Write out exactly what each line says, starting with the first line below and ending on the one with "-- ===== src/Media/Ports/Sweep.antt".

══════════════════════════════

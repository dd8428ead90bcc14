-- ===== src/Examples.antt =====
-- Tests of the definitions, and each theorem applied at an input where its hypotheses hold.
mod Offsets
mod Data
mod MapExamples
mod LoadingExamples
mod CloningExamples
mod ProbeExamples
mod RetryExamples
mod TrafficExamples
mod InitExamples
mod AddingExamples
mod UpdatingExamples
mod SpecsExamples
mod NewMapsExamples
mod SymbolsExamples
mod ManagerExamples
mod RunExamples
mod RoutesExamples
mod HooksExamples
mod EditorExamples
mod BpfExamples
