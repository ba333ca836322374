-- ===== src/Media/Ports/Sweep.antt =====
-- A whole sweep that hands out nothing (internal/media/portpool.go).
use freesbc.Base.{
  ℕ, zero, suc, ◌+◌, ◌-◌, ◌*◌, ◌/◌, ◌%◌, ◌≤◌, ◌<◌, ◌≡◌, refl, sym, ap, ◌∙◌, ◌⊎◌, inl, inr, true,
  false, Option, none, some, arith, ℕ_discrete, ltb, leb, if◌then◌else◌, leb→le, leb_false→lt,
  Bool-cases, Option-cases,
}
use freesbc.Base.Assoc.{find, put, find-remove, find-put}
use mathlib.Core.Path.{subst}
use freesbc.Media.Ports.{
  PortRange, PlanePool, even_up, pairs_in, cursor_in, reserve_next, release, sweep_loop, sweep,
}
use freesbc.Media.Ports.Reserve.{reserved}

-- The pool's reservations are the same.
SameReserved : PlanePool → PlanePool → Type 0
SameReserved p q = (x : ℕ) → reserved x p ≡ reserved x q

-- The candidate is the cursor, brought into the range.
candidate_port :
    (lo hi : ℕ) (p : PlanePool) → (reserve_next lo hi p).port ≡ cursor_in lo hi p.cursor
unfolding reserve_next
candidate_port lo hi p = ground arith

candidate_next :
    (lo hi : ℕ) (p : PlanePool)
    → (reserve_next lo hi p).pool.cursor
      ≡ (if ltb hi (cursor_in lo hi p.cursor + 2 + 1) then lo else cursor_in lo hi p.cursor + 2)
unfolding reserve_next
candidate_next lo hi p = ground arith

-- A free candidate was not reserved; releasing it restores the reservations.
candidate_free :
    (lo hi : ℕ) (p : PlanePool)
    → (reserve_next lo hi p).free ≡ true
    → (reserved (reserve_next lo hi p).port p ≡ none)
      × ((x : ℕ)
          → reserved x (release (reserve_next lo hi p).port (reserve_next lo hi p).pool)
            ≡ reserved x p)
unfolding reserve_next release
candidate_free lo hi p free =
    let port = cursor_in lo hi p.cursor in
    elim (Option-cases (find ℕ_discrete port p.in_use)) [
      | inr (u, known) ↦ absurd (ground (arith, known))
      | inl new ↦
          rw (new, reserve_next)
            (
              new,
              λ x. ground (
                arith,
                new,
                find-remove ℕ_discrete x port (put ℕ_discrete port tt p.in_use),
                find-put ℕ_discrete x port tt p.in_use,
              ),
            )
    ]

candidate_used :
    (lo hi : ℕ) (p : PlanePool)
    → (reserve_next lo hi p).free ≡ false
    → (reserved (reserve_next lo hi p).port p ≡ some tt)
      × ((x : ℕ) → reserved x (reserve_next lo hi p).pool ≡ reserved x p)
unfolding reserve_next
candidate_used lo hi p used =
    elim (Option-cases (find ℕ_discrete (cursor_in lo hi p.cursor) p.in_use)) [
      | inl new ↦ absurd (ground (arith, new))
      | inr (u, known) ↦ rw (known, reserve_next) (known, λ x. refl)
    ]

module _ {T : Type 0} (bind : ℕ → Option T) where
  -- The pool had no socket to give on this port.
  abbrev pub Refused : PlanePool → ℕ → Type 0
  Refused p x = (reserved x p ≡ some tt) ⊎ (bind x ≡ none)

  Refused-same : (p q : PlanePool) (x : ℕ) → reserved x p ≡ reserved x q → Refused p x → Refused q x
  Refused-same p q x same (inl r) = inl (sym same ∙ r)
  Refused-same p q x same (inr n) = inr n

  -- What a sweep of `n` candidates that finds nothing has seen: each candidate from position `i` of
  -- the range on, wrapping round at its end.
  Seen : ℕ → ℕ → ℕ → ℕ → PlanePool → Type 0
  Seen lo pairs n i p =
      (j : ℕ) → j < pairs → ((i ≤ j) × (j < i + n)) ⊎ (j + pairs < i + n) → Refused p (lo + 2 * j)

  -- One round of the loop that goes on: the candidate is refused, and the reservations stay.
  abbrev Round : ℕ → ℕ → PlanePool → PlanePool → Type 0
  Round lo hi p q =
      Refused p (cursor_in lo hi p.cursor)
      × ((x : ℕ) → reserved x q ≡ reserved x p)
      × (q.cursor ≡ (
          if ltb hi (cursor_in lo hi p.cursor + 2 + 1) then lo else cursor_in lo hi p.cursor + 2))

  sweep_loop-Round :
      (lo hi n : ℕ) (p : PlanePool)
      → (sweep_loop bind lo hi (suc n) p).1 ≡ none
      → (q : PlanePool) × Round lo hi p q
        × (sweep_loop bind lo hi (suc n) p ≡ sweep_loop bind lo hi n q)
  unfolding sweep_loop release
  sweep_loop-Round lo hi n p nothing =
      let c = reserve_next lo hi p in
      let here = candidate_port lo hi p in
      let moved = candidate_next lo hi p in
      elim (Bool-cases c.free) [
        | inr used ↦
            let (taken, same) = candidate_used lo hi p used in
            (
              c.pool,
              (inl (subst (λ x. reserved x p ≡ some tt) here taken), same, moved),
              rw (used, sweep_loop),
            )
        | inl free ↦
            let (new, same) = candidate_free lo hi p free in
            elim (Option-cases (bind c.port)) [
              | inl shut ↦ (
                release c.port c.pool,
                (inr (subst (λ x. bind x ≡ none) here shut), same, moved),
                ground (arith, free, shut),
              )
              | inr (v, opened) ↦ absurd (ground (arith, free, opened, nothing))
            ]
      ]

  -- The candidate after position `i`, when there is a position after it, and when there is none.
  next_inside :
      (lo hi i : ℕ) (p q : PlanePool)
      → i + 1 < pairs_in lo hi
      → cursor_in lo hi p.cursor ≡ lo + 2 * i
      → q.cursor
        ≡ (if ltb hi (cursor_in lo hi p.cursor + 2 + 1) then lo else cursor_in lo hi p.cursor + 2)
      → cursor_in lo hi q.cursor ≡ lo + 2 * (i + 1)
  next_inside lo hi i p q inside here moved =
      let moved = subst (λ c. q.cursor ≡ (if ltb hi (c + 2 + 1) then lo else c + 2)) here moved in
      let at_next : q.cursor ≡ lo + 2 * i + 2 = ground (arith, moved, inside) in
      ground (arith, at_next, inside)

  next_wraps :
      (lo hi i : ℕ) (p q : PlanePool)
      → i + 1 ≡ pairs_in lo hi
      → cursor_in lo hi p.cursor ≡ lo + 2 * i
      → q.cursor
        ≡ (if ltb hi (cursor_in lo hi p.cursor + 2 + 1) then lo else cursor_in lo hi p.cursor + 2)
      → cursor_in lo hi q.cursor ≡ lo + 2 * 0
  next_wraps lo hi i p q last here moved =
      let moved = subst (λ c. q.cursor ≡ (if ltb hi (c + 2 + 1) then lo else c + 2)) here moved in
      let at_next : q.cursor ≡ lo = ground (arith, moved, last) in ground (arith, at_next, last)

  sweep_loop-Seen :
      (lo hi n i : ℕ) (p : PlanePool)
      → i < pairs_in lo hi
      → n ≤ pairs_in lo hi
      → cursor_in lo hi p.cursor ≡ lo + 2 * i
      → (sweep_loop bind lo hi n p).1 ≡ none
      → Seen lo (pairs_in lo hi) n i p × SameReserved (sweep_loop bind lo hi n p).0 p
  unfolding sweep_loop Seen SameReserved
  sweep_loop-Seen lo hi zero i p inside lap here nothing = (
    (λ j small where_. absurd (elim where_ [ inl h ↦ omega arith | inr h ↦ omega arith ])),
    λ x. refl,
  )
  sweep_loop-Seen lo hi (suc n) i p inside lap here nothing =
      let (q, (refused, same, moved), goes_on) = sweep_loop-Round lo hi n p nothing in
      let refused : Refused p (lo + 2 * i) = subst (Refused p) here refused in
      let back : (x : ℕ) → Refused q x → Refused p x = λ x. Refused-same q p x (same x) in
      let rest_nothing = sym (ap (λ r. r.1) goes_on) ∙ nothing in
      elim (ℕ_discrete (i + 1) (pairs_in lo hi)) [
        | yes last ↦
            let (seen, kept) =
              sweep_loop-Seen lo hi n 0 q (omega arith) (omega arith)
                (next_wraps lo hi i p q last here moved) rest_nothing in
            (
              (λ j small where_. elim where_ [
                | inl h ↦
                    (let e : i ≡ j = omega arith in subst (λ k. Refused p (lo + 2 * k)) e refused)
                | inr h ↦ back (lo + 2 * j) (seen j small (inl (omega arith, omega arith)))
              ]),
              λ x. ap (λ r. reserved x r.0) goes_on ∙ kept x ∙ same x,
            )
        | no more ↦
            let (seen, kept) =
              sweep_loop-Seen lo hi n (i + 1) q (omega arith) (omega arith)
                (next_inside lo hi i p q (omega arith) here moved) rest_nothing in
            (
              (λ j small where_. elim where_ [
                | inl h ↦ elim (ℕ_discrete i j) [
                  | yes e ↦ subst (λ k. Refused p (lo + 2 * k)) e refused
                  | no ne ↦ back (lo + 2 * j) (seen j small (inl (omega arith, omega arith)))
                ]
                | inr h ↦ back (lo + 2 * j) (seen j small (inr (omega arith)))
              ]),
              λ x. ap (λ r. reserved x r.0) goes_on ∙ kept x ∙ same x,
            )
      ]

  -- A sweep that hands out nothing, from a pool whose cursor is even, has found every even port of
  -- the range refused: an RTP port x with x and x + 1 in the range is reserved already or could not
  -- be opened, wherever the cursor stood. The pool's reservations are then as before the sweep.
  pub sweep_exhausted :
      (par : PortRange) (p : PlanePool)
      → p.cursor % 2 ≡ 0
      → (sweep bind par p).1 ≡ none
      → (x : ℕ) → x % 2 ≡ 0
      → par.min_port ≤ x
      → x + 1 ≤ par.max_port
      → Refused p x × ((y : ℕ) → reserved y (sweep bind par p).0 ≡ reserved y p)
  unfolding sweep Seen SameReserved
  sweep_exhausted par p even_cursor nothing x even_x low high =
      let lo = even_up par.min_port in
      let hi = par.max_port in
      let even_lo : lo % 2 ≡ 0 = ground arith in
      let from : lo ≤ x = ground arith in
      let i = (cursor_in lo hi p.cursor - lo) / 2 in
      let here : cursor_in lo hi p.cursor ≡ lo + 2 * i = ground (arith, even_lo) in
      let inside : i < pairs_in lo hi = ground (arith, even_lo) in
      let (seen, kept) =
        sweep_loop-Seen lo hi (pairs_in lo hi) i p inside (omega arith) here nothing in
      let j = (x - lo) / 2 in
      let at_x : lo + 2 * j ≡ x = omega arith in
      (
        subst (Refused p) at_x (
            seen j (omega arith)
              (elim (leb-cases i j) [ inl h ↦ inl (h, omega arith) | inr h ↦ inr (omega arith) ])),
        kept,
      )
    where
      leb-cases : (a b : ℕ) → (a ≤ b) ⊎ (b < a)
      leb-cases a b = elim (Bool-cases (leb a b)) [
        | inl h ↦ inl (leb→le a b h)
        | inr h ↦ inr (leb_false→lt a b h)
      ]
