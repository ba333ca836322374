-- ===== src/Media/Tests.antt =====
-- The port pool on concrete inputs (internal/media).
use freesbc.Base.{ℕ, ◌≡◌, refl, Option, none, some, [], ◌∷◌, arith, ℕ_discrete}
use freesbc.Base.Assoc.{find, remove, put}
use freesbc.Media.Ports.{PortRange, PlanePool, reserve_next, sweep, sweep_loop, release}
use freesbc.Media.Ports.Reserve.{reserved}
use freesbc.Media.Ports.Sweep.{Refused, sweep_exhausted}
use freesbc.Media.Ports.Grant.{Granted, sweep_grants}

abbrev small : PortRange
small = record { min_port = 9; max_port = 13 }

-- A pool whose port 10 is reserved, on a host where no other port opens.
abbrev busy : PlanePool
busy = record { in_use = (10, tt) ∷ []; cursor = 12 }

abbrev shut : ℕ → Option ℕ
shut port = none

abbrev open_port : ℕ → Option ℕ
open_port port = some port

sweep_exhausted_example :
    Refused shut busy 12 × ((y : ℕ) → reserved y (sweep shut small busy).0 ≡ reserved y busy)
unfolding sweep sweep_loop reserve_next release find remove put ℕ_discrete
sweep_exhausted_example =
    sweep_exhausted shut small busy refl refl 12 refl (omega arith) (omega arith)

sweep_grants_example : Granted open_port 9 13 busy (sweep open_port small busy).0 12 12
unfolding sweep sweep_loop reserve_next release find remove put ℕ_discrete
sweep_grants_example = sweep_grants open_port small busy 12 12 refl refl
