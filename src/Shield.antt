-- ===== src/Shield.antt =====
-- The front-door security plane (internal/shield).
pub mod BanList
pub mod Limiter
pub mod Offenders
pub mod Aors
pub mod Scanner
pub mod Gate
pub mod Strikes
mod Tests
pub mod Samples
mod GateTests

══════════════════════════════

> _EXERCISE SOLUTION_
repository dd8428ead90bcc14
-- ===== src/Examples.antt =====
-- Tests of the definitions, and each theorem applied at an input where its hypotheses hold.
mod Offsets
mod Data
mod MapExamples
mod LoadingExamples
mod CloningExamples
mod ProbeExamples
mod RetryExamples
mod TrafficExamples
mod InitExamples
mod AddingExamples
mod UpdatingExamples
mod SpecsExamples
mod NewMapsExamples
mod SymbolsExamples
mod ManagerExamples
mod RunExamples
mod RoutesExamples
mod HooksExamples
mod EditorExamples
mod BpfExamples
repository ba333ca836322374
-- ===== src/Media/Ports/Sweep.antt =====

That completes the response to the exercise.